他說的話,看似漫不經心,夏情書卻覺得他問到點子上。
她淺淺一想,便說:“幸福的婚姻就像買彩票,明知中頭彩的機會少的可憐,卻還是心存希冀。”
司政南怔怔地捏著手裡的畫紙。
她不是不婚主義者嗎?答應嫁給他也只是情勢所迫,到現在還把他當金主爸爸,她怎麼會有這麼深刻的認知。
夏情書突然靈感湧動,把畫紙從司政南手裡奪過來,拿著鉛筆在原來的戒指草圖後面畫了一張彩票。
她得記住這個靈感,周老和周老太太已至金婚,仍舊恩愛有加,這不是中了彩票般的幸運嗎,或者她可以將這個元素加進她的設計裡。
“司太太,你這是做什麼?”
夏情書原想把她的想法司政南,又想起那個設計大賽本身就是他為蘇童童求來的,她的設計概念還是不讓他知道為好。
“沒做什麼,想到彩票覺得好玩就畫下來嘍。”
“你剛剛對婚姻的看法是什麼時候形成的?你渴望過婚姻嗎?”
夏情書很迷惑,像司政南這種風流名聲在外的人,對情情愛愛不至於看得這麼重要,跟她討論這個話題干嘛。
“司先生怎麼忽然想討論這個話題?”
“沒什麼,只是問問,如果那日我沒提讓你嫁給我,我幫你解決夏家的問題,你會結婚嗎?”
“不會。”
夏情書回答得很果斷。
學生時代,已經不少人在談戀愛了,暗戀她明戀她的人更是多不勝數,不乏也有些條件極不錯的男生。
但是她對誰都不來電,總覺得那些男生的顏值和氣質無法企及她曾經見過的那個男人。
南歡經常嘲笑她,多次提及談戀愛的各種美好,她壓根就不信,因為南歡自己都被墨景川在情感上折磨得要死要活。

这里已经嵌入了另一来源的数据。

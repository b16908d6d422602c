-- ===== src/Crypto.antt =====
-- Stored secrets and passwords: internal/crypto.
pub mod Keyring
pub mod Password
pub mod Fixtures
mod Examples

後來為了阻止南歡再提讓她談戀愛的事情,她便說她是不婚主義,丁克主義,誰知道南歡有一次被墨景川給氣倒了,要凍卵,非要拉著她一起,她不肯,南歡就以怕她將來到老還沒婚姻沒孩子後悔為由,說服她凍卵。
她想想也就凍了,或許真的會有那麼一天。
由於她回答的非常果斷,司政南的眸光暗淡些許。
她果然是不婚主義者。
“你跟林池談戀愛時,有想將來要跟他結婚嗎?”
“沒有。”
司政南低笑,“你可真會耍流氓。”
“你什麼意思啊?”
流氓的人是他好不好,三番五次的占她的便宜。
“不以結婚為目地的談戀愛都是耍流氓,難怪林池跟你分手,你沒有太過於傷心,真是個小沒良心的。”
夏情書皺眉,雖然稱不上傷心,但多少還是有點難過,畢竟下決心跟林池談戀愛的時候也是認真的,她一向不太喜歡敷衍人,敷衍自己。
好在她只是想試試戀愛的滋味,倒沒有南歡那種時而幸福到炸裂,時而難過哭得撕心裂肺之感。
談過一次之後,她覺得談戀愛也不過如此,想不明白有些人失戀後要死要活的是什麼情況。
夏情書嗤笑。
“我是個小沒良心的,那司先生豈不是喪盡天良?你說你談了多少次不以結婚為目地的戀愛?”
一句話司政南懟得啞口無言,她的伶牙俐齒他見識過。
好吧,他的過去和她的過去,都讓它過去吧。
未來,總能把過去的種種都改變,就好比,他曾以為他這輩子只會對蘇童童有好感 ,可初次見到夏情書時,他也生了份好感。
夏情書的手機彈出一條新聞,發出一聲很短提示音,她拿過來一看,跟金婚杯有關,便將新聞點開。
她看了內容,忽然眼睛一亮。
“天哪,周老竟然把米爾先生也請過來當評委了?”
下一秒,司政南的手機響了。
是蘇童童打來的,他手機剛巧放在桌上,夏情書一眼就看到屏幕上跳動著童童兩個字。
司政南拿起手機,抬頭,撞上夏情書的目光。
兩人都略顯尷尬。
但司政南還是走遠了一些,接起電話,夏情書的心微微一沉。